--- Your assignment ---
After finding the line containing "said_by i (map gone_text v.log) ++ (said_by" below, please output that line and each following one through the line containing "v.log) ++ l)", exactly as written.

Segment Open

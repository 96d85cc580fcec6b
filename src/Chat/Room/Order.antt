-- ===== src/Chat/Room/Order.antt =====
-- What is sent, in whatever order the threads and the dispatcher take their turns.
use mathlib.Core.List.{map-append}
use mathlib.Core.Path.{subst}
use aip_pkussm.Prelude.{
  update, ℕ, ◌≡◌, ◌≢◌, ◌==◌, refl, sym, ◌∙◌, ap, some, inl, inr, ℕ-cases, update_self, update_other,
  List, [], ◌∷◌, ◌++◌, append-nil, append_assoc, map, ℤ, if◌then◌else◌, arith,
}
use aip_pkussm.Net.{Socket, Feeds}
use aip_pkussm.Host.{Disk}
use aip_pkussm.Chat.{Layout}
use aip_pkussm.Chat.Users.{User, Cmsg}
use aip_pkussm.Chat.Users.Table.{IsStray}
use aip_pkussm.Chat.Dispatch.{Send}
use aip_pkussm.Chat.Client.{Me}
use aip_pkussm.Chat.Server.{Leftover}
use aip_pkussm.Chat.Session.{IsUser}
use aip_pkussm.Chat.Texts.{Text, AreFor, bytes_of, all_bytes, sends_for}
use aip_pkussm.Chat.Room.{Server, process_of, worked}

-- A text with the number of the client that says it.
abbrev pub Tagged : Type 0
Tagged = ℕ × Text

abbrev pub text_of : Tagged → Text
text_of x = x.1

-- What has become of a text that left the pipe: the dispatcher has it, or it was discarded.
pub data Gone : Type 0 where
  taken lost : Tagged → Gone

abbrev pub gone_text : Gone → Tagged
gone_text (taken x) = x
gone_text (lost x) = x

-- No text is lost in front of all that the dispatcher has.
abbrev pub IsLed : List Gone → Type 0
IsLed [] = Unit
IsLed (taken x ∷ log) = Unit
IsLed (lost x ∷ log) = ⊥

pub IsLed-append :
    (log : List Gone) (x : Tagged) (more : List Gone) → IsLed log → IsLed (log ++ (taken x ∷ more))
IsLed-append [] x more led = tt
IsLed-append (taken y ∷ log) x more led = tt
IsLed-append (lost y ∷ log) x more led = elim led [ ]

-- Those that the dispatcher has.
unfoldable pub taken_of : List Gone → List Tagged
taken_of [] = []
taken_of (taken x ∷ log) = x ∷ taken_of log
taken_of (lost x ∷ log) = taken_of log

pub taken_of-append : (xs ys : List Gone) → taken_of (xs ++ ys) ≡ taken_of xs ++ taken_of ys
unfolding taken_of
taken_of-append [] ys = refl
taken_of-append (taken x ∷ xs) ys = ap (λ l. x ∷ l) (taken_of-append xs ys)
taken_of-append (lost x ∷ xs) ys = taken_of-append xs ys

pub taken_of-lost : (xs : List Tagged) → taken_of (map lost xs) ≡ []
unfolding taken_of
taken_of-lost [] = refl
taken_of-lost (x ∷ xs) = taken_of-lost xs

pub gone_lost : (xs : List Tagged) → map gone_text (map lost xs) ≡ xs
gone_lost [] = refl
gone_lost (x ∷ xs) = ap (λ l. x ∷ l) (gone_lost xs)

-- The texts of one client, in order.
unfoldable pub said_by : ℕ → List Tagged → List Text
said_by i [] = []
said_by i ((j, t) ∷ texts) = if i == j then t ∷ said_by i texts else said_by i texts

pub said_by-append :
    (i : ℕ) (xs ys : List Tagged) → said_by i (xs ++ ys) ≡ said_by i xs ++ said_by i ys
unfolding said_by
said_by-append i [] ys = refl
said_by-append i ((j, t) ∷ xs) ys = ground (arith, said_by-append i xs ys)

-- A text behind the others, and what its client has not said yet.
said_by-last :
    (i : ℕ) (t : Text) (xs : List Tagged) (ts : List Text)
    → said_by i (xs ++ ((i, t) ∷ [])) ++ ts ≡ said_by i xs ++ (t ∷ ts)
unfolding said_by
said_by-last i t xs ts =
    ap (λ l. l ++ ts) (said_by-append i xs ((i, t) ∷ []))
    ∙ ground (arith, append_assoc (said_by i xs) (t ∷ []) ts)

said_by-other :
    (i j : ℕ) (t : Text) (xs : List Tagged) → i ≢ j → said_by j (xs ++ ((i, t) ∷ [])) ≡ said_by j xs
unfolding said_by
said_by-other i j t xs h =
    said_by-append j xs ((i, t) ∷ []) ∙ ground (arith, append-nil (said_by j xs))

-- What the dispatcher has are texts that go through, as all are.
pub AreFor-taken :
    (users : List User) (log : List Gone)
    → AreFor users (map text_of (map gone_text log))
    → AreFor users (map text_of (taken_of log))
unfolding taken_of
AreFor-taken users [] v = tt
AreFor-taken users (taken x ∷ log) v = (v.0, v.1, v.2, v.3, v.4, AreFor-taken users log v.5)
AreFor-taken users (lost x ∷ log) v = AreFor-taken users log v.5

pub AreFor-front :
    (users : List User) (xs ys : List Text) → AreFor users (xs ++ ys) → AreFor users xs
AreFor-front users [] ys v = tt
AreFor-front users (t ∷ xs) ys v = (v.0, v.1, v.2, v.3, v.4, AreFor-front users xs ys v.5)

pub AreFor-back :
    (users : List User) (xs ys : List Text) → AreFor users (xs ++ ys) → AreFor users ys
AreFor-back users [] ys v = v
AreFor-back users (t ∷ xs) ys v = AreFor-back users xs ys v.5

pub AreFor-append :
    (users : List User) (xs ys : List Text)
    → AreFor users xs
    → AreFor users ys
    → AreFor users (xs ++ ys)
AreFor-append users [] ys v v' = v'
AreFor-append users (t ∷ xs) ys v v' = (v.0, v.1, v.2, v.3, v.4, AreFor-append users xs ys v.5 v')

module _ (w : Layout) (me : ℕ → Me) where
  -- The bytes of texts in the pipe.
  unfoldable pub queued : List Tagged → List ℕ
  queued [] = []
  queued ((i, t) ∷ texts) = bytes_of w (me i) t ++ queued texts

  -- One send for each text, to the connection that the table has for its id.
  unfoldable pub sends_of : List User → List Tagged → List Send
  sends_of users [] = []
  sends_of users ((i, t) ∷ texts) = sends_for w (me i) users (t ∷ []) ++ sends_of users texts

  queued-append : (xs ys : List Tagged) → queued (xs ++ ys) ≡ queued xs ++ queued ys
  unfolding queued
  queued-append [] ys = refl
  queued-append ((i, t) ∷ xs) ys =
      ap (λ l. bytes_of w (me i) t ++ l) (queued-append xs ys)
      ∙ sym (append_assoc (bytes_of w (me i) t) (queued xs) (queued ys))

  pub sends_of-append :
      (users : List User) (xs ys : List Tagged)
      → sends_of users (xs ++ ys) ≡ sends_of users xs ++ sends_of users ys
  unfolding sends_of
  sends_of-append users [] ys = refl
  sends_of-append users ((i, t) ∷ xs) ys =
      ap (λ l. sends_for w (me i) users (t ∷ []) ++ l) (sends_of-append users xs ys)
      ∙ sym
          (append_assoc (sends_for w (me i) users (t ∷ [])) (sends_of users xs) (sends_of users ys))

module _ (k : Socket) (f : Feeds k) (d : Disk) (w : Layout) (c : Cmsg) (left : Leftover)
    (connfds : ℕ → ℤ) (me : ℕ → Me) (texts : ℕ → List Text) (users : List User) where
  -- The texts of each client are, in order: those that left the pipe, those in the pipe, and those
  -- that its thread has not read. What was sent is one send for each text that the dispatcher took,
  -- and nothing else; of those that left the pipe it took at least the first.
  pub record Conserves (s : Server k d w c left connfds) : Type 0 where
    pub log : List Gone
    pub queue : List Tagged
    pub unread : ℕ → List Text
    pub sent : s.sends ≡ sends_of w me users (taken_of log)
    pub in_pipe : s.fifo ≡ queued w me queue
    pub pending : (i : ℕ) → f.pending (s.links i) ≡ all_bytes w (me i) (unread i)
    pub same_users : s.users ≡ users
    pub in_order :
        (i : ℕ) → said_by i (map gone_text log) ++ (said_by i queue ++ unread i) ≡ texts i
    pub led : IsLed log
    pub log_known : AreFor users (map text_of (map gone_text log))
    pub queue_known : AreFor users (map text_of queue)
    pub unread_known : (i : ℕ) → AreFor users (unread i)

  module _ (member : (i : ℕ) → IsUser (me i)) (stray : IsStray c left.stack)
      (over : (s : k.State) (n : ℕ) → f.pending s ≡ [] → (k.recv s n).0 ≡ some []) where
    -- A thread that handles a text moves it from what is unread to the end of the pipe.
    pub reads :
        (s : Server k d w c left connfds) (v : Conserves s) (i : ℕ) (t : Text) (ts : List Text)
        (u : k.State)
        → v.unread i ≡ t ∷ ts
        → f.pending u ≡ all_bytes w (me i) ts
        → Conserves (
            worked k d w c left connfds s i (record (process_of k d w c left connfds s i) {
              host = record { link = u; files = s.files };
              fifo = s.fifo ++ bytes_of w (me i) t;
            }))
    unfolding queued
    reads s v i t ts u first rest =
        let known : AreFor users (t ∷ ts) = subst (AreFor users) first (v.unread_known i) in
        record {
          log = v.log;
          queue = v.queue ++ ((i, t) ∷ []);
          unread = update v.unread i ts;
          sent = v.sent;
          in_pipe =
              ap (λ l. l ++ bytes_of w (me i) t) v.in_pipe
              ∙ sym (
                  queued-append w me v.queue ((i, t) ∷ [])
                  ∙ ap (λ l. queued w me v.queue ++ l) (append-nil (bytes_of w (me i) t)));
          pending = λ j. elim (ℕ-cases i j) [
            | inl e ↦ rw (← e) (
                ap f.pending (update_self s.links i u)
                ∙ rest
                ∙ ap (all_bytes w (me i)) (sym (update_self v.unread i ts)))
            | inr h ↦
                ap f.pending (update_other s.links i j u h)
                ∙ v.pending j
                ∙ ap (all_bytes w (me j)) (sym (update_other v.unread i j ts h))
          ];
          same_users = v.same_users;
          in_order = λ j. elim (ℕ-cases i j) [
            | inl e ↦ rw (← e) (
                ap
                  (λ l.
                    said_by i (map gone_text v.log) ++ (said_by i (v.queue ++ ((i, t) ∷ [])) ++ l))
                  (update_self v.unread i ts)
                ∙ ap (λ l. said_by i (map gone_text v.log) ++ l)
                    (said_by-last i t v.queue ts ∙ ap (λ l. said_by i v.queue ++ l) (sym first))
                ∙ v.in_order i)
            | inr h ↦
                ap
                  (λ l.
                    said_by j (map gone_text v.log) ++ (said_by j (v.queue ++ ((i, t) ∷ [])) ++ l))
                  (update_other v.unread i j ts h)
                ∙ ap (λ l. said_by j (map gone_text v.log) ++ (l ++ v.unread j))
                    (said_by-other i j t v.queue h)
                ∙ v.in_order j
          ];
          led = v.led;
          log_known = v.log_known;
          queue_known = rw (map-append text_of v.queue ((i, t) ∷ [])) (
              AreFor-append users (map text_of v.queue) (t ∷ []) v.queue_known
                (known.0, known.1, known.2, known.3, known.4, tt));
          unread_known = λ j. elim (ℕ-cases i j) [
            | inl e ↦ rw (← e) (rw (update_self v.unread i ts) known.5)
            | inr h ↦ rw (update_other v.unread i j ts h) (v.unread_known j)
          ];
        }
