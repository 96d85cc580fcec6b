-- ===== src/Chat/Texts/Served.antt =====
-- The server's thread and the dispatcher over many texts.
use aip_pkussm.Prelude.{
  Bool, true, ℕ, suc, ◌^◌, ◌<◌, ◌≡◌, ◌≢◌, none, refl, ◌∙◌, ap, some, List, [], ◌∷◌, ◌++◌,
  append_assoc, length, ℤ, arith,
}
use aip_pkussm.Net.{Socket, Feeds}
use aip_pkussm.Host.{Disk}
use aip_pkussm.Chat.{Layout, block}
use aip_pkussm.Chat.Users.{User, Cmsg, ControlMsg}
use aip_pkussm.Chat.Users.Table.{IsStray, fd_of, get_users-stray}
use aip_pkussm.Chat.Pipe.{read_message, get_message, close_fifo}
use aip_pkussm.Chat.Pipe.Bytes.{read_message-text}
use aip_pkussm.Chat.Dispatch.{loop_dispatch}
use aip_pkussm.Chat.Dispatch.Delivery.{dispatch-one}
use aip_pkussm.Chat.Client.{Me, text_message}
use aip_pkussm.Chat.Server.{Leftover, Process, registered, clithread}
use aip_pkussm.Chat.Server.Parse.{parse_msg-short}
use aip_pkussm.Chat.Server.Handling.{text_queued}
use aip_pkussm.Chat.Session.{IsUser, text-IsSendable}
use aip_pkussm.Chat.Texts.{Text, bytes_of}

-- As many rounds as there are texts, and `n` more.
abbrev pub rounds_for : List Text → ℕ → ℕ
rounds_for [] n = n
rounds_for (t ∷ texts) n = suc (rounds_for texts n)

module _ (k : Socket) (f : Feeds k) (d : Disk) (w : Layout) (c : Cmsg) (left : Leftover)
    (connfd : ℤ) (me : Me) (user : IsUser me) where
  open f use {pending}

  -- One round of the thread.
  pub thread_step :
      (t : Text) (more : List ℕ) (p : Process k d) (n : ℕ)
      → 0 < length t.content
      → length t.content < 512
      → t.id < 2 ^ 32
      → p.reader ≡ true
      → pending p.host.link ≡ bytes_of w me t ++ more
      → (u : k.State) × (clithread k d w c left registered connfd (suc n) p
          ≡ clithread k d w c left registered connfd n (record p {
            host = record { link = u; files = p.host.files };
            fifo = p.fifo ++ bytes_of w me t;
          }))
        × (pending u ≡ more)
  unfolding clithread
  thread_step t more p n some_text short small reading heard =
      let m = text_message me t.id t.content in
      let fits = text-IsSendable me t.id t.content user small short in
      let (u, parsed, rest) =
        parse_msg-short k f w m fits more p.host.link (left.junk n) t.content refl some_text short
          (heard ∙ append_assoc (w.bytes m) t.content more) in
      let p1 : Process k d = record p { host = record { link = u; files = p.host.files } } in
      (
        u,
        ground
            (arith, parsed, text_queued k d w c left connfd m t.content p1 refl refl refl reading),
        rest,
      )

module _ (w : Layout) (c : Cmsg) (stack : ControlMsg) (me : Me) (user : IsUser me)
    (stray : IsStray c stack) (users : List User) (held : ℕ → Bool) where
  -- One turn of the dispatcher.
  pub dispatch_step :
      (t : Text) (more : List ℕ) (n : ℕ) (fd : ℤ)
      → length t.content < 512
      → t.id < 2 ^ 32
      → t.id ≢ 0
      → fd_of users t.id ≡ some fd
      → loop_dispatch c stack w held (suc n) (bytes_of w me t ++ more) users
        ≡ elim (loop_dispatch c stack w held n (close_fifo w (held n) more) users) [
          | none ↦ none
          | some (sends, later, last) ↦
              some (record { connfd = fd; buff = bytes_of w me t } ∷ sends, later, last)
        ]
  unfolding loop_dispatch get_message
  dispatch_step t more n fd short small addressed e =
      let m = text_message me t.id t.content in
      let fits = text-IsSendable me t.id t.content user small short in
      let got =
        ap (read_message w) (append_assoc (w.bytes m) t.content more)
        ∙ read_message-text w m t.content more fits refl refl in
      ground (
        arith,
        got,
        get_users-stray c stack users stray,
        dispatch-one w (record m { data_ptr = block t.content }) t.content users refl refl fd
            addressed e,
      )

-- The dispatcher finds nothing in an empty pipe.
pub dispatch_nothing :
    (c : Cmsg) (stack : ControlMsg) (w : Layout) (held : ℕ → Bool) (users : List User)
    → loop_dispatch c stack w held 1 [] users ≡ some ([], [], users)
unfolding loop_dispatch get_message read_message
dispatch_nothing c stack w held users = ground (arith, w.nonempty)
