-- ===== src/Chat/Texts/Ended.antt =====
-- The end of the server's thread for a client.
use aip_pkussm.Prelude.{ℕ, ◌≡◌, refl, some, false, [], ℤ, arith}
use aip_pkussm.Net.{Socket, ok, Feeds}
use aip_pkussm.Host.{Disk}
use aip_pkussm.Chat.{Layout}
use aip_pkussm.Chat.Users.{Cmsg}
use aip_pkussm.Chat.Header.{recv_header}
use aip_pkussm.Chat.Server.{Leftover, Process, registered, clithread, parse_msg}

module _ (k : Socket) (f : Feeds k) (d : Disk) (w : Layout) (c : Cmsg) (left : Leftover)
    (connfd : ℤ) where
  open f use {pending}

  -- At its end the connection closes the thread.
  pub thread_end :
      (p : Process k d)
      → pending p.host.link ≡ []
      → ((s : k.State) (n : ℕ) → pending s ≡ [] → (k.recv s n).0 ≡ some [])
      → (q : Process k d) × (clithread k d w c left registered connfd 1 p ≡ ok false q)
        × (q.fifo ≡ p.fifo)
        × (q.users ≡ p.users)
  unfolding clithread parse_msg recv_header
  thread_end p empty over = (
    record p {
      host = record { link = (k.recv p.host.link w.message_len).1; files = p.host.files };
    },
    ground (arith, over p.host.link w.message_len empty),
    refl,
    refl,
  )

Segment Closed

--- Task solution ---
                    said_by i (map gone_text v.log) ++ (said_by i (v.queue ++ ((i, t) ∷ [])) ++ l))
                  (update_self v.unread i ts)
                ∙ ap (λ l. said_by i (map gone_text v.log) ++ l)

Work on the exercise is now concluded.